HonestAI / DEPLOYMENT_CONFIG_GUIDE.md
JatsTheAIGen's picture
Fix: GPU tensor placement and Docker deployment configuration
67c580c

Deployment Configuration Guide

Critical Issues and Solutions

1. Cache Directory Permissions

Problem: PermissionError: [Errno 13] Permission denied: '/.cache'

Solution: The code now automatically detects Docker and uses /tmp/huggingface_cache. However, ensure the Dockerfile sets proper permissions.

Dockerfile Fix:

# Create cache directory with proper permissions
RUN mkdir -p /tmp/huggingface_cache && chmod 777 /tmp/huggingface_cache
ENV HF_HOME=/tmp/huggingface_cache
ENV TRANSFORMERS_CACHE=/tmp/huggingface_cache

2. User ID Issues

Problem: KeyError: 'getpwuid(): uid not found: 1000'

Solution: Run container with proper user or ensure user exists in container.

Option A - Use root (simplest for HF Spaces):

# Already running as root in HF Spaces - this is fine
# Just ensure cache directories are writable

Option B - Create user in Dockerfile:

RUN useradd -m -u 1000 -s /bin/bash appuser && \
    mkdir -p /tmp/huggingface_cache && \
    chown -R appuser:appuser /tmp/huggingface_cache /app
USER appuser

For Hugging Face Spaces: Spaces typically run as root, so Option A is fine.

3. HuggingFace Token Configuration

Problem: Gated repository access errors

Solution: Set HF_TOKEN in Hugging Face Spaces secrets.

Steps:

  1. Go to your Space → Settings → Repository secrets
  2. Add HF_TOKEN with your Hugging Face access token
  3. Token should have read access to gated models

Verify Token:

# Test token access
curl -H "Authorization: Bearer YOUR_TOKEN" https://huggingface.co/api/models/Qwen/Qwen2.5-7B-Instruct

4. GPU Tensor Device Placement

Problem: Tensor on device cuda:0 is not on the expected device meta!

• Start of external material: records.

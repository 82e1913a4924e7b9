-- ===== src/Codec/Floats.antt =====
-- The bytes by which an f64 is ordered in a key: `f64_into_bytes` (milli/src/facet/
-- value_encoding.rs). An f64 is the number of its 64 bits.
use milli.Base.{
  ℕ, zero, suc, ◌+◌, ◌-◌, ◌*◌, ◌/◌, ◌%◌, ◌^◌, ◌<◌, Bool, true, false, not, ◌&&◌, List, [], ◌∷◌,
  ◌++◌, Option, none, some, length, ltb, leb, ◌==◌, if◌then◌else◌, ◌≡◌, refl, ap, ap₂, ◌∙◌, arith,
  Bool-cases, inl, inr,
}
use milli.Codec.BigEndian.{to_be_bytes, bytes_ltb, length-to_be_bytes, bytes_ltb-to_be_bytes}
use native.Mathlib.Nat.{pow-suc}

abbrev pub is_finite : ℕ → Bool
is_finite bits = not (bits / 2 ^ 52 % 2 ^ 11 == 2047)

-- The sign bit, and the other bits.
abbrev pub is_negative : ℕ → Bool
is_negative bits = leb (2 ^ 63) bits

abbrev pub magnitude : ℕ → ℕ
magnitude bits = bits % 2 ^ 63

unfoldable pub xor_first_bit : List ℕ → List ℕ
xor_first_bit [] = []
xor_first_bit (byte ∷ bytes) = (byte + 128) % 256 ∷ bytes

unfoldable pub xor_all_bits : List ℕ → List ℕ
xor_all_bits [] = []
xor_all_bits (byte ∷ bytes) = (255 - byte) ∷ xor_all_bits bytes

unfoldable pub f64_into_bytes : ℕ → Option (List ℕ)
unfolding xor_first_bit xor_all_bits
f64_into_bytes bits =
    if is_finite bits
    then (if magnitude bits == 0
        then some (xor_first_bit (to_be_bytes 8 0))
        else if is_negative bits
        then some (xor_all_bits (to_be_bytes 8 bits))
        else some (xor_first_bit (to_be_bytes 8 bits)))
    else none

-- The number that the bytes stand for.
abbrev pub ordered : ℕ → ℕ
ordered bits =
    if magnitude bits == 0
    then 2 ^ 63
    else if is_negative bits
    then 2 ^ 64 - 1 - bits
    else bits + 2 ^ 63

xor_all_bits-append :
    (xs : List ℕ) (a : ℕ) → xor_all_bits (xs ++ a ∷ []) ≡ xor_all_bits xs ++ (255 - a) ∷ []
unfolding xor_all_bits
xor_all_bits-append [] a = refl
xor_all_bits-append (x ∷ xs) a = ap (λ k. (255 - x) ∷ k) (xor_all_bits-append xs a)

xor_all_bits-to_be_bytes :
    (k n : ℕ) → n < 256 ^ k → xor_all_bits (to_be_bytes k n) ≡ to_be_bytes k (256 ^ k - 1 - n)
unfolding xor_all_bits to_be_bytes
xor_all_bits-to_be_bytes zero n h = refl
xor_all_bits-to_be_bytes (suc k) n h =
    let p = pow-suc 256 k in
    let high : 256 ^ k - 1 - n / 256 ≡ (256 ^ suc k - 1 - n) / 256 = omega (arith, p) in
    let low : 255 - n % 256 ≡ (256 ^ suc k - 1 - n) % 256 = omega (arith, p) in
    xor_all_bits-append (to_be_bytes k (n / 256)) (n % 256)
    ∙ ap₂ (λ xs a. xs ++ a ∷ [])
        (xor_all_bits-to_be_bytes k (n / 256) (omega (arith, p)) ∙ ap (λ m. to_be_bytes k m) high)
        low

xor_first_bit-append :
    (xs : List ℕ) (a : ℕ)
    → 0 < length xs
    → xor_first_bit (xs ++ a ∷ []) ≡ xor_first_bit xs ++ a ∷ []
unfolding xor_first_bit
xor_first_bit-append [] a h = absurd (omega arith)
xor_first_bit-append (x ∷ xs) a h = refl

xor_first_bit-to_be_bytes :
    (k n : ℕ)
    → n < 128 * 256 ^ k
    → xor_first_bit (to_be_bytes (suc k) n) ≡ to_be_bytes (suc k) (n + 128 * 256 ^ k)
unfolding xor_first_bit to_be_bytes
xor_first_bit-to_be_bytes zero n h = ap (λ a. a ∷ []) (omega arith)
xor_first_bit-to_be_bytes (suc k) n h =
    let p = pow-suc 256 k in
    let high : n / 256 + 128 * 256 ^ k ≡ (n + 128 * 256 ^ suc k) / 256 = omega (arith, p) in
    let low : n % 256 ≡ (n + 128 * 256 ^ suc k) % 256 = omega (arith, p) in
    xor_first_bit-append (to_be_bytes (suc k) (n / 256)) (n % 256)
      (omega (arith, length-to_be_bytes (suc k) (n / 256)))
    ∙ ap₂ (λ xs a. xs ++ a ∷ [])
        (xor_first_bit-to_be_bytes k (n / 256) (omega (arith, p))
          ∙ ap (λ m. to_be_bytes (suc k) m) high)
        low

pub f64_into_bytes-ordered :
    (bits : ℕ)
    → bits < 2 ^ 64
    → is_finite bits ≡ true
    → f64_into_bytes bits ≡ some (to_be_bytes 8 (ordered bits))
unfolding f64_into_bytes
f64_into_bytes-ordered bits h finite = elim (Bool-cases (magnitude bits == 0)) [
  | inl null ↦ rw (finite, null) (ap (λ k. some k) (xor_first_bit-to_be_bytes 7 0 (omega arith)))
  | inr other ↦ elim (Bool-cases (is_negative bits)) [
    | inl minus ↦
        rw (finite, other, minus) (ap (λ k. some k) (xor_all_bits-to_be_bytes 8 bits (omega arith)))
    | inr plus ↦
        rw (finite, other, plus)
          (ap (λ k. some k) (xor_first_bit-to_be_bytes 7 bits (ground arith)))
  ]
]

-- The order of two numbers, by their signs and magnitudes.
abbrev pub f64_ltb : ℕ → ℕ → Bool
f64_ltb a b =
    if is_negative a
    then (if is_negative b
        then ltb (magnitude b) (magnitude a)
        else not (magnitude a == 0 && magnitude b == 0))
    else if is_negative b
    then false
    else ltb (magnitude a) (magnitude b)

ordered-ltb : (a b : ℕ) → a < 2 ^ 64 → b < 2 ^ 64 → ltb (ordered a) (ordered b) ≡ f64_ltb a b
ordered-ltb a b h k = ground arith

ordered_fits : (a : ℕ) → a < 2 ^ 64 → ordered a < 256 ^ 8
ordered_fits a h = ground arith

-- Two finite numbers have bytes, and the bytes are in the order of the numbers.
pub f64_into_bytes-order :
    (a b : ℕ)
    → a < 2 ^ 64
    → b < 2 ^ 64
    → is_finite a ≡ true
    → is_finite b ≡ true
    → (x y : List ℕ) × (f64_into_bytes a ≡ some x)
      × (f64_into_bytes b ≡ some y)
      × (bytes_ltb x y ≡ f64_ltb a b)
f64_into_bytes-order a b h k fa fb = (
  to_be_bytes 8 (ordered a),
  to_be_bytes 8 (ordered b),
  f64_into_bytes-ordered a h fa,
  f64_into_bytes-ordered b k fb,
  bytes_ltb-to_be_bytes 8 (ordered a) (ordered b) (ordered_fits a h) (ordered_fits b k)
      ∙ ordered-ltb a b h k,
)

Solution: Use explicit device placement instead of device_map="auto" for non-quantized models.

Code Fix: Already implemented in src/local_model_loader.py - uses device_map="auto" only with quantization, explicit placement otherwise.

5. Model Selection for Testing

Current Models:

  • Primary: Qwen/Qwen2.5-7B-Instruct (gated - requires access)
  • Fallback: microsoft/Phi-3-mini-4k-instruct (non-gated, verified)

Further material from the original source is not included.